Par la suite, l'invention de la photographie, puis de l'appareil photographique, va permettre aux peintres et aux scientifiques de figer une personne. La photo de Reiser, Femme arabe au Caire (1909), montre une femme voilée, habillée, et qui va certainement chercher de l'eau. Elle pose sur un récipient en terre cuite. Elle porte des bracelets aux bras, elle a un tatouage à son bras droit et elle semble tenir une cigarette. Celle-ci n'est évidemment pas orientale, mais démontre plutôt que la colonisation européenne a déjà changé les mœurs des habitants.
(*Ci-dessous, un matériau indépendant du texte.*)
-- ===== src/Visits.antt =====
-- The visit counter: `main` of apps/visitcounter/main.go from its counters on, and `publishVisit` of
-- apps/helloworld/main.go, which feeds it. A run is the list of what the reads of url-visits return;
-- beside a message stand the clock, the reader's lag after it, and the order in which `range` visits
-- the touched URLs if the replay ends there. `url_field` is the "url" that `json.Unmarshal` finds in
-- a value, "" where it finds none. A write that fails is only logged, so it changes nothing here.
pub mod Counts
pub mod Shown
pub mod Replay
pub mod Ends
pub mod Bounds
pub mod Chain
mod Tests
use pok.Kafka.{Message, Read, failed, message}
use pok.Prelude.Bytes.{Bytes, bytes_key}
use pok.Prelude.Int.{ℤ, pos, is_nonpos}
use pok.Prelude.Lists.{length, contains}
use pok.Prelude.Maps.{Map, has, index, insert}
use pok.Prelude.Tests.{◌==◌, ltb, leb, if◌then◌else◌}
use pok.Prelude.{
  ℕ, ◌+◌, ◌%◌, ◌^◌, ◌≡◌, Bool, true, false, ◌&&◌, ◌||◌, not, Option, none, some, List, [], ◌∷◌,
  ◌++◌, map,
}

abbrev pub max_visit_urls : ℕ
max_visit_urls = 512

abbrev pub max_visit_url_len : ℕ
max_visit_url_len = 256

abbrev pub max_visit_path_len : ℕ
max_visit_path_len = 256

-- helloworld's publishVisit: a path that is too long is served and not counted.
unfoldable pub publish_visit : (Bytes → Bytes) → Bytes → ℤ → Option Message
publish_visit event path now =
    if ltb max_visit_path_len (length path)
    then none
    else some (record { key = path; value = event path; time = now })

-- An int64 is its bit pattern: counts[url]++ wraps.
unfoldable pub increment : ℕ → ℕ
increment n = (n + 1) % 2 ^ 64

pub record Counter : Type 0 where
  pub counts : Map Bytes ℕ
  pub last : Map Bytes ℤ
  pub replaying : Bool
  -- the keys of a map used as a set
  pub dirty : List Bytes

abbrev pub new_counter : Counter
new_counter = record { counts = []; last = []; replaying = true; dirty = [] }

pub record Moment : Type 0 where
  pub now : ℤ
  pub lag : ℤ
  pub order : List Bytes

-- The message {count, last} that `publish` writes under the URL.
pub record Count : Type 0 where
  pub url : Bytes
  pub count : ℕ
  pub last : ℤ

unfoldable pub publish : Counter → Bytes → Count
publish s url = record { url = url; count = index 0 url s.counts; last = index (pos 0) url s.last }

unfoldable pub is_url : Bytes → Bool
is_url url = not (url == [] || ltb max_visit_url_len (length url))

-- A new URL is counted only while there is room.
unfoldable pub has_room : Bytes → Counter → Bool
has_room url s = not (not (has url s.counts) && leb max_visit_urls (length s.counts))

unfoldable pub add_dirty : Bytes → List Bytes → List Bytes
add_dirty url dirty = if contains url dirty then dirty else dirty ++ url ∷ []

-- The time of the message, or the clock where the broker gave none.
unfoldable pub stamp : Message → Moment → ℤ
stamp m at = if is_nonpos m.time then at.now else m.time

-- counts[url]++ and last[url] = ts
unfoldable pub count_visit : Bytes → ℤ → Counter → Counter
unfolding increment
count_visit url ts s = record s {
  counts = insert url (increment (index 0 url s.counts)) s.counts;
  last = insert url ts s.last;
}

-- While the reader lags the replay is silent; when it has caught up every touched URL is published.
unfoldable pub caught_up : Moment → Counter → Counter × List Count
caught_up at s =
    if is_nonpos at.lag
    then (record s { replaying = false; dirty = [] }, map (publish s) at.order)
    else (s, [])

unfoldable pub announce : Bytes → Moment → Counter → Counter × List Count
unfolding caught_up add_dirty
announce url at s =
    if s.replaying
    then caught_up at (record s { dirty = add_dirty url s.dirty })
    else (s, publish s url ∷ [])

module _ (url_field : Bytes → Bytes) where
  unfoldable pub url_of : Message → Bytes
  url_of m = if m.key == [] then url_field m.value else m.key

  unfoldable pub is_counted : Message → Counter → Bool
  unfolding url_of
  is_counted m s = is_url (url_of m) && has_room (url_of m) s

  -- One round of the loop, with the messages that it publishes.
  unfoldable pub step : Message → Moment → Counter → Counter × List Count
  unfolding is_counted stamp
  step m at s =
      if is_counted m s
      then announce (url_of m) at (count_visit (url_of m) (stamp m at) s)
      else (s, [])

  -- The loop, with all that it publishes. It ends when a read fails after the context is done.
  unfoldable pub run : List (Read Moment) → Counter → Counter × List Count
  run [] s = (s, [])
  run (failed true ∷ reads) s = (s, [])
  run (failed false ∷ reads) s = run reads s
  run (message m at ∷ reads) s =
      let (s', out) = step m at s in let (s'', more) = run reads s' in (s'', out ++ more)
Le timbre de la carte postale est égyptien, écrit en arabe et...en français !
Pour finir, et un peu comme un aboutissement à cet orientalisme vécu, l'exemple de Gauguin (1848-1903) est assez intéressant. Ce peintre va se désintéresser de l'Art académique au point d'aller vivre ailleurs qu'en France. Il choisit pour cela la Polynésie et habite d'abord à Papete puis, à partir de 1895, il choisit de s'installer définitivement sur une île éloignée. Gauguin, va s'assimiler à la population locale au point de parler leur langue et même de se marier avec une jeune fille de treize ans (alors qu'il en a presque cinquante !). Son Éventail décoré de motifs de Ta Mateteest directement influencé par l'art japonais. Il montre une image de l'Orient propre à Gauguin. C'est celle de l'habitant, presque de l'Orient rêvé dans la réalité, c'est-à-dire une représentation de ce qu'était la vie avant, où ce que la colonisation a créé à cette époque. Ici, Gauguin montre trois femmes. Deux sont assises sur un banc, une autre est avec un enfant. Celle-ci est habillée avec l'habit local, c'est-à-dire rouge pour la robe à fleur, avec le haut blanc, les bras nus et une longue chevelure noire. Les femmes sont de « type polynésien » et non de « type européen ». Les femmes assises, elles, sont habillées à l'occidental. Le geste sera repris à l' Égypte par Gauguin, ce qui montre une recherche imagée de l'orientalisme vécu.
Trouillebert voit donc l'Orient au travers des clichés, des témoignages, des images ou des reproductions, mais ne peut pas transmettre la véritable atmosphère ou identité des populations car il n'est pas sur place. Delacroix fige déjà une impression orientaliste en fidélisant, grâce à l'aquarelle, les couleurs, mais aussi la lumière. Reiser et sa photo montre un Orient vécu, « pris sur le vif » ou posé (comme c'est le cas ici) qui est plus fidèle et plus réaliste que Trouillebert. Cependant, et c'est ce que nous montre aussi Gauguin, l'Orient vécu laisse une part au rêve d'un Orient d'avant la colonisation.